For half credit, here is an algebraic description of the problem.
Let the vector C = [c(1), c(2), c(3), c(4)] = [25, 10, 5, 1] be the
vector of coin values.
Let the vector A = [a(1), a(2), a(3), a(4)] represent the number of
each type of coin in the set.
The value of the set is S = A dot C ("dot" meaning scalar product),
i.e.
S = a(1)*c(1) + a(2)*c(2) + a(3)*c(3) + a(4)*c(4),
which is also the projection of vector A onto vector C (and vice
versa).
What you want to know is the complete set of vectors A (actually, the
number of such vectors) satisfying the constraints
A dot C = 75,
All a(i) values are non-negative integers.
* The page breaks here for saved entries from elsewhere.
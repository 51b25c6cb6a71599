-- ===== src/Workflows/Topo/Kahn.antt =====
-- core/src/extensions/workflows/executor.rs, `topo_sort`: one round of the loop.
use root_cx.Prelude.{
  ℕ, suc, ◌+◌, ◌≡◌, refl, ◌∙◌, inl, inr, Bool, true, false, ◌&&◌, ◌||◌, Bool-cases, Option, none,
  some, List, [], ◌∷◌, ◌++◌, Memᴰ, Text, text_eq, text_eq_refl, text_eq_iff, length, length-append,
  any-append, ◌==◌, if◌then◌else◌, arith,
}
use root_cx.Prelude.Sets.{contains, Distinct}
use root_cx.Workflows.Graph.{WorkflowEdge}
use root_cx.Workflows.Topo.{Degrees, relax_edge, relax}
use root_cx.Workflows.Topo.Degrees.{degree, positives, lower-lowered, waits, pending}

-- The degree of a key.
abbrev pub at : Bool → ℕ → Option ℕ
at true d = some d
at false d = none

module _ (known : Text → Bool) where
  -- The map holds the counts; the keys with none left are the taken ones and, apart from these and
  -- each once, the queued ones.
  pub record Counted (count : Text → ℕ) (taken : List Text) (degrees : Degrees) (queue : List Text)
      : Type 0 where
    pub holds : (x : Text) → degree x degrees ≡ at (known x) (count x)
    pub queue_zero : (x : Text) → contains queue x ≡ true → (known x ≡ true) × (count x ≡ 0)
    pub taken_zero : (x : Text) → contains taken x ≡ true → (known x ≡ true) × (count x ≡ 0)
    pub apart : (x : Text) → contains queue x ≡ true → contains taken x ≡ false
    pub distinct : Distinct queue
    pub ready :
        (x : Text) → known x ≡ true → count x ≡ 0 → (contains taken x || contains queue x) ≡ true

  -- The count after an edge into `to` is lowered to `d`.
  abbrev set_count : (Text → ℕ) → Text → ℕ → Text → ℕ
  set_count count to d x = if text_eq to x then d else count x

  contains-snoc :
      (queue : List Text) (to x : Text)
      → contains (queue ++ to ∷ []) x ≡ (contains queue x || text_eq x to)
  contains-snoc queue to x = any-append (text_eq x) queue (to ∷ []) ∙ ground arith

  Distinct-snoc :
      (queue : List Text) (to : Text)
      → Distinct queue
      → contains queue to ≡ false
      → Distinct (queue ++ to ∷ [])
  Distinct-snoc [] to h new = (refl, tt)
  Distinct-snoc (y ∷ queue) to h new = (
    contains-snoc queue to y ∙ ground (arith, text_eq_iff y to, text_eq_iff to y),
    Distinct-snoc queue to h.1 (ground arith),
  )

  module _ (count : Text → ℕ) (taken : List Text) (degrees : Degrees) (queue : List Text)
      (to : Text) (d : ℕ) (c : Counted count taken degrees queue) (target : known to ≡ true)
      (more : count to ≡ suc d) where
    abbrev queue' : List Text
    queue' = if d == 0 then queue ++ to ∷ [] else queue

    not_queued : contains queue to ≡ false
    not_queued = elim (Bool-cases (contains queue to)) [
      | inl t ↦ absurd (omega (arith, (c.queue_zero to t).1, more))
      | inr f ↦ f
    ]

    not_taken : contains taken to ≡ false
    not_taken = elim (Bool-cases (contains taken to)) [
      | inl t ↦ absurd (omega (arith, (c.taken_zero to t).1, more))
      | inr f ↦ f
    ]

    contains-queue' :
        (x : Text) → contains queue' x ≡ (contains queue x || ((d == 0) && text_eq x to))
    contains-queue' x = elim (Bool-cases (d == 0)) [
      | inl z ↦ rw z (contains-snoc queue to x)
      | inr p ↦ rw p (ground arith)
    ]

    Distinct-queue' : Distinct queue'
    Distinct-queue' = elim (Bool-cases (d == 0)) [
      | inl z ↦ rw z (Distinct-snoc queue to c.distinct not_queued)
      | inr p ↦ rw p c.distinct
    ]

    lowered-Counted :
        (degrees' : Degrees)
        → ((x : Text) → degree x degrees' ≡ (if text_eq to x then some d else degree x degrees))
        → Counted (set_count count to d) taken degrees' queue'
    lowered-Counted degrees' holds' = record {
      holds = λ x. holds' x ∙ ground (arith, c.holds x, text_eq_iff to x);
      queue_zero = λ x m. ground (
        arith,
        contains-queue' x,
        c.queue_zero x,
        text_eq_iff x to,
        text_eq_iff to x,
        not_queued,
      );
      taken_zero = λ x m. ground (arith, c.taken_zero x, text_eq_iff to x, not_taken);
      apart = λ x m. ground (arith, contains-queue' x, c.apart x, text_eq_iff x to, not_taken);
      distinct = Distinct-queue';
      ready =
          λ x k z. ground (arith, contains-queue' x, c.ready x, text_eq_iff x to, text_eq_iff to x);
    }

    length-queue' : length queue' ≡ length queue + (if d == 0 then 1 else 0)
    length-queue' = elim (Bool-cases (d == 0)) [
      | inl z ↦ rw z (length-append queue (to ∷ []))
      | inr p ↦ rw p (omega arith)
    ]

  -- What the loop over the edges leaves when a node `n` is taken; `base` counts what is not in `edges`.
  pub record Relaxed (n : Text) (base : Text → ℕ) (edges : List WorkflowEdge) (taken : List Text)
      (degrees : Degrees) (queue : List Text) : Type 0 where
    pub degrees' : Degrees
    pub queue_after : List Text
    pub count' : Text → ℕ
    pub runs : relax n edges (degrees, queue) ≡ some (degrees', queue_after)
    pub counted : Counted count' (n ∷ taken) degrees' queue_after
    pub counts : (x : Text) → count' x ≡ base x + pending (n ∷ taken) x edges
    pub measure : positives degrees' + length queue_after ≡ positives degrees + length queue

  module _ (n : Text) (taken : List Text) (new : contains taken n ≡ false) where
    waits_new :
        (x : Text) (e : WorkflowEdge) → text_eq e.from n ≡ true → waits taken x e ≡ text_eq e.to x
    waits_new x e t = ground (arith, text_eq_iff e.from n)

    waits_taken :
        (x : Text) (e : WorkflowEdge) → text_eq e.from n ≡ true → waits (n ∷ taken) x e ≡ false
    waits_taken x e t = ground arith

    waits_other :
        (x : Text) (e : WorkflowEdge)
        → text_eq e.from n ≡ false
        → waits (n ∷ taken) x e ≡ waits taken x e
    waits_other x e f = ground arith

    more_left :
        (e : WorkflowEdge) (b p k : ℕ)
        → text_eq e.from n ≡ true
        → k ≡ b + ((if waits taken e.to e then 1 else 0) + p)
        → k ≡ suc (b + p)
    more_left e b p k t h = h ∙ rw (waits_new e.to e t, text_eq_refl e.to) (omega arith)

    set_left :
        (e : WorkflowEdge) (base count rest : Text → ℕ) (x : Text)
        → text_eq e.from n ≡ true
        → count x ≡ base x + ((if waits taken x e then 1 else 0) + rest x)
        → set_count count e.to (base e.to + rest e.to) x ≡ base x + rest x
    set_left e base count rest x t h = ground (arith, waits_new x e t, text_eq_iff e.to x)

    pub relax-Relaxed :
        (edges : List WorkflowEdge) (base count : Text → ℕ) (degrees : Degrees) (queue : List Text)
        → Counted count (n ∷ taken) degrees queue
        → ((e : WorkflowEdge) → Memᴰ e edges → known e.to ≡ true)
        → ((x : Text) → count x ≡ base x + pending taken x edges)
        → Relaxed n base edges taken degrees queue
    unfolding relax relax_edge pending
    relax-Relaxed [] base count degrees queue c targets counts = record {
      degrees' = degrees;
      queue_after = queue;
      count' = count;
      runs = refl;
      counted = c;
      counts = counts;
      measure = refl;
    }
    relax-Relaxed (e ∷ edges) base count degrees queue c targets counts =
        elim (Bool-cases (text_eq e.from n)) [
          | inl t ↦
              let d = base e.to + pending taken e.to edges in
              let more : count e.to ≡ suc d =
                more_left e (base e.to) (pending taken e.to edges) (count e.to) t (counts e.to) in
              let target = targets e (Memᴰ.head refl) in
              let (m, is_lowered, holds, left) =
                lower-lowered e.to d degrees (c.holds e.to ∙ rw (target, more) refl) in
              let rest : Relaxed n base edges taken m
                  (queue' count (n ∷ taken) degrees queue e.to d c target more) =
                relax-Relaxed edges base (set_count count e.to d) m _
                  (lowered-Counted count (n ∷ taken) degrees queue e.to d c target more m holds)
                  (λ f at. targets f (Memᴰ.tail at))
                  (λ x. set_left e base count (λ y. pending taken y edges) x t (counts x)) in
              record {
                degrees' = rest.degrees';
                queue_after = rest.queue_after;
                count' = rest.count';
                runs = rw (t, is_lowered) rest.runs;
                counted = rest.counted;
                counts = λ x. rest.counts x ∙ rw (waits_taken x e t) (omega arith);
                measure = omega (
                  arith,
                  rest.measure,
                  length-queue' count (n ∷ taken) degrees queue e.to d c target more,
                  left,
                );
              }
          | inr f ↦
              let rest : Relaxed n (λ x. base x + (if waits taken x e then 1 else 0)) edges taken
                  degrees queue =
                relax-Relaxed edges _ count degrees queue c (λ g at. targets g (Memᴰ.tail at))
                  (λ x. counts x ∙ omega arith) in
              record {
                degrees' = rest.degrees';
                queue_after = rest.queue_after;
                count' = rest.count';
                runs = rw f rest.runs;
                counted = rest.counted;
                counts = λ x. rest.counts x ∙ rw (waits_other x e f) (omega arith);
                measure = rest.measure;
              }
        ]
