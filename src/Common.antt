-- ===== src/Common.antt =====
-- crates/common: the error type and the identifiers that every other crate uses.
mod Error
mod Ids
pub mod Metrics
unfoldable pub use Error.*
unfoldable pub use Ids.*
You know there is at least one solution, since A = (0, 0, 0, 75) is
guaranteed to work.
I suspect there isn't a simple formula for this. It isn't difficult to
construct a computational algorithm that gives you the answer, but I
don't think the result would look simple expressed algebraically.
(By the way, I got 120 from a quick look at the possibilities. Is that
what you got?)
You've piqued my curiosity -- What inspired this problem? Are you
working on a project of some kind?
--
Nom dePlume, Ph.D
Why, yes, in fact, I am a rocket scientist.
"Cardinal" <cardinal-no-spam@mail.ru> wrote in message
news:ZGFya3plbg==.5cedeeceaf8e136fe7e00c9c9bab50b7@1075690464.nulluser.com...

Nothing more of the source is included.